Raw data »
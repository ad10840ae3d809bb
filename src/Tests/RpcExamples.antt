-- ===== src/Tests/RpcExamples.antt =====
-- Examples for src/TfBuilder/TfBuilderRpc.cxx.
use data_distribution.Prelude.{
  ◌+◌, ◌<◌, ◌≡◌, refl, Bool, true, false, List, [], ◌∷◌, ◌++◌, ◌==◌, nat_eq, string_eq, arith,
  length, Perm, find, insert, remove,
}
use data_distribution.Prelude.{◌⊎◌, List, true, false}
use data_distribution.Common.ConcurrentQueue.{empty}
use data_distribution.TfScheduler.Messages.{TfBuildingInformation, StfSource}
use data_distribution.TfBuilder.Rpc.{
  TfBuilderRpc, StfRequest, record_tf_built, record_tf_forwarded, reset_run_counters, request_stfs,
  stf_requests,
}
use data_distribution.TfBuilder.Rpc.Accounting.{
  Event, builds, forwards, resets, step, run, Fits, IsBalanced, run-IsBalanced, overrun, total,
}
use data_distribution.TfBuilder.Rpc.Requests.{senders, request_stfs_asks_all}

abbrev pub ready : TfBuilderRpc
ready = record {
  running = true;
  terminate_requested = false;
  accepting_tfs = true;
  buffer_size = 1000;
  current_tf_buffer_size = 1000;
  last_built_tf_id = 0;
  num_buffered_tfs = 0;
  num_tfs_in_building = 0;
  tf_id_sizes = [];
  topo_stf_id = 1;
  topo_tf_id_rename_map = [];
  stfs_count_map = [];
  stf_request_queue = empty;
  received_data_queue = empty;
  stf_input_queue = empty;
}

ready-IsBalanced : IsBalanced ready
ready-IsBalanced = record { bounded = omega arith; sizes = refl; counted = refl; unique = tt }

abbrev building : TfBuildingInformation
building = record {
  tf_id = 7;
  tf_size = 300;
  stf_size_map = ("s1", 200) ∷ ("s2", 100) ∷ [];
  tf_source = StfSource.default;
}

abbrev work : List Event
work = builds 7 300 ∷ builds 8 600 ∷ forwards 7 ∷ forwards 9 ∷ resets ∷ builds 7 1000 ∷ []

work-Fits : Fits ready work
unfolding find insert remove step record_tf_built record_tf_forwarded reset_run_counters
work-Fits = (refl, omega arith, (refl, omega arith, (refl, omega arith, tt)))

run-IsBalanced_example : IsBalanced (run ready work)
run-IsBalanced_example = run-IsBalanced ready work work-Fits ready-IsBalanced

overrun_example :
    let r' = run ready (builds 7 1500 ∷ forwards 7 ∷ []) in
    (r'.current_tf_buffer_size ≡ 1500)
    × (ready.buffer_size < r'.current_tf_buffer_size + total r'.tf_id_sizes)
unfolding find
overrun_example = overrun 7 1500 ready ready-IsBalanced refl refl (omega arith) (omega arith)

abbrev wanted : List StfRequest
wanted = stf_requests building.tf_id building.stf_size_map

abbrev answers : StfRequest → Bool
answers q = q.stf_sender_id == "s2"

request_stfs_asks_all_example :
    let (calls, expected, input') =
      request_stfs (length wanted) (λ n. true) (λ n. 5) answers wanted [] 0 ready.stf_input_queue in
    (left : List StfRequest) × Perm (calls ++ left) wanted
    × ((left ≡ []) ⊎ (true ≡ false))
    × (expected ≡ length (senders answers calls))
    × (input'.container ≡ ready.stf_input_queue.container ++ senders answers calls)
request_stfs_asks_all_example =
    request_stfs_asks_all (λ n. true) (λ n. 5) answers wanted ready.stf_input_queue refl

abbrev topological_one : TfBuildingInformation
topological_one = record {
  tf_id = 7;
  tf_size = 200;
  stf_size_map = ("s1", 200) ∷ [];
  tf_source = StfSource.topological;
}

About this exercise » The answer should reproduce all of the data without any alteration.

Finished exercise »
repository ad10840ae3d809bb
filename src/Tests/RpcExamples.antt
-- ===== src/Tests/RpcExamples.antt =====
-- Examples for src/TfBuilder/TfBuilderRpc.cxx.
use data_distribution.Prelude.{
  ◌+◌, ◌<◌, ◌≡◌, refl, Bool, true, false, List, [], ◌∷◌, ◌++◌, ◌==◌, nat_eq, string_eq, arith,
  length, Perm, find, insert, remove,
}
use data_distribution.Prelude.{◌⊎◌, List, true, false}
use data_distribution.Common.ConcurrentQueue.{empty}
use data_distribution.TfScheduler.Messages.{TfBuildingInformation, StfSource}
use data_distribution.TfBuilder.Rpc.{
  TfBuilderRpc, StfRequest, record_tf_built, record_tf_forwarded, reset_run_counters, request_stfs,
  stf_requests,
}
use data_distribution.TfBuilder.Rpc.Accounting.{
  Event, builds, forwards, resets, step, run, Fits, IsBalanced, run-IsBalanced, overrun, total,
}
use data_distribution.TfBuilder.Rpc.Requests.{senders, request_stfs_asks_all}

abbrev pub ready : TfBuilderRpc
ready = record {
  running = true;
  terminate_requested = false;
  accepting_tfs = true;
  buffer_size = 1000;
  current_tf_buffer_size = 1000;
  last_built_tf_id = 0;
  num_buffered_tfs = 0;
  num_tfs_in_building = 0;
  tf_id_sizes = [];
  topo_stf_id = 1;
  topo_tf_id_rename_map = [];
  stfs_count_map = [];
  stf_request_queue = empty;
  received_data_queue = empty;
  stf_input_queue = empty;
}

ready-IsBalanced : IsBalanced ready
ready-IsBalanced = record { bounded = omega arith; sizes = refl; counted = refl; unique = tt }

abbrev building : TfBuildingInformation
building = record {
  tf_id = 7;
  tf_size = 300;
  stf_size_map = ("s1", 200) ∷ ("s2", 100) ∷ [];
  tf_source = StfSource.default;
}

abbrev work : List Event
work = builds 7 300 ∷ builds 8 600 ∷ forwards 7 ∷ forwards 9 ∷ resets ∷ builds 7 1000 ∷ []

work-Fits : Fits ready work
unfolding find insert remove step record_tf_built record_tf_forwarded reset_run_counters
work-Fits = (refl, omega arith, (refl, omega arith, (refl, omega arith, tt)))

run-IsBalanced_example : IsBalanced (run ready work)
run-IsBalanced_example = run-IsBalanced ready work work-Fits ready-IsBalanced

overrun_example :
    let r' = run ready (builds 7 1500 ∷ forwards 7 ∷ []) in
    (r'.current_tf_buffer_size ≡ 1500)
    × (ready.buffer_size < r'.current_tf_buffer_size + total r'.tf_id_sizes)
unfolding find
overrun_example = overrun 7 1500 ready ready-IsBalanced refl refl (omega arith) (omega arith)

abbrev wanted : List StfRequest
wanted = stf_requests building.tf_id building.stf_size_map

abbrev answers : StfRequest → Bool
answers q = q.stf_sender_id == "s2"

request_stfs_asks_all_example :
    let (calls, expected, input') =
      request_stfs (length wanted) (λ n. true) (λ n. 5) answers wanted [] 0 ready.stf_input_queue in
    (left : List StfRequest) × Perm (calls ++ left) wanted
    × ((left ≡ []) ⊎ (true ≡ false))
    × (expected ≡ length (senders answers calls))
    × (input'.container ≡ ready.stf_input_queue.container ++ senders answers calls)
request_stfs_asks_all_example =
    request_stfs_asks_all (λ n. true) (λ n. 5) answers wanted ready.stf_input_queue refl

abbrev topological_one : TfBuildingInformation
topological_one = record {
  tf_id = 7;
  tf_size = 200;
  stf_size_map = ("s1", 200) ∷ [];
  tf_source = StfSource.topological;
}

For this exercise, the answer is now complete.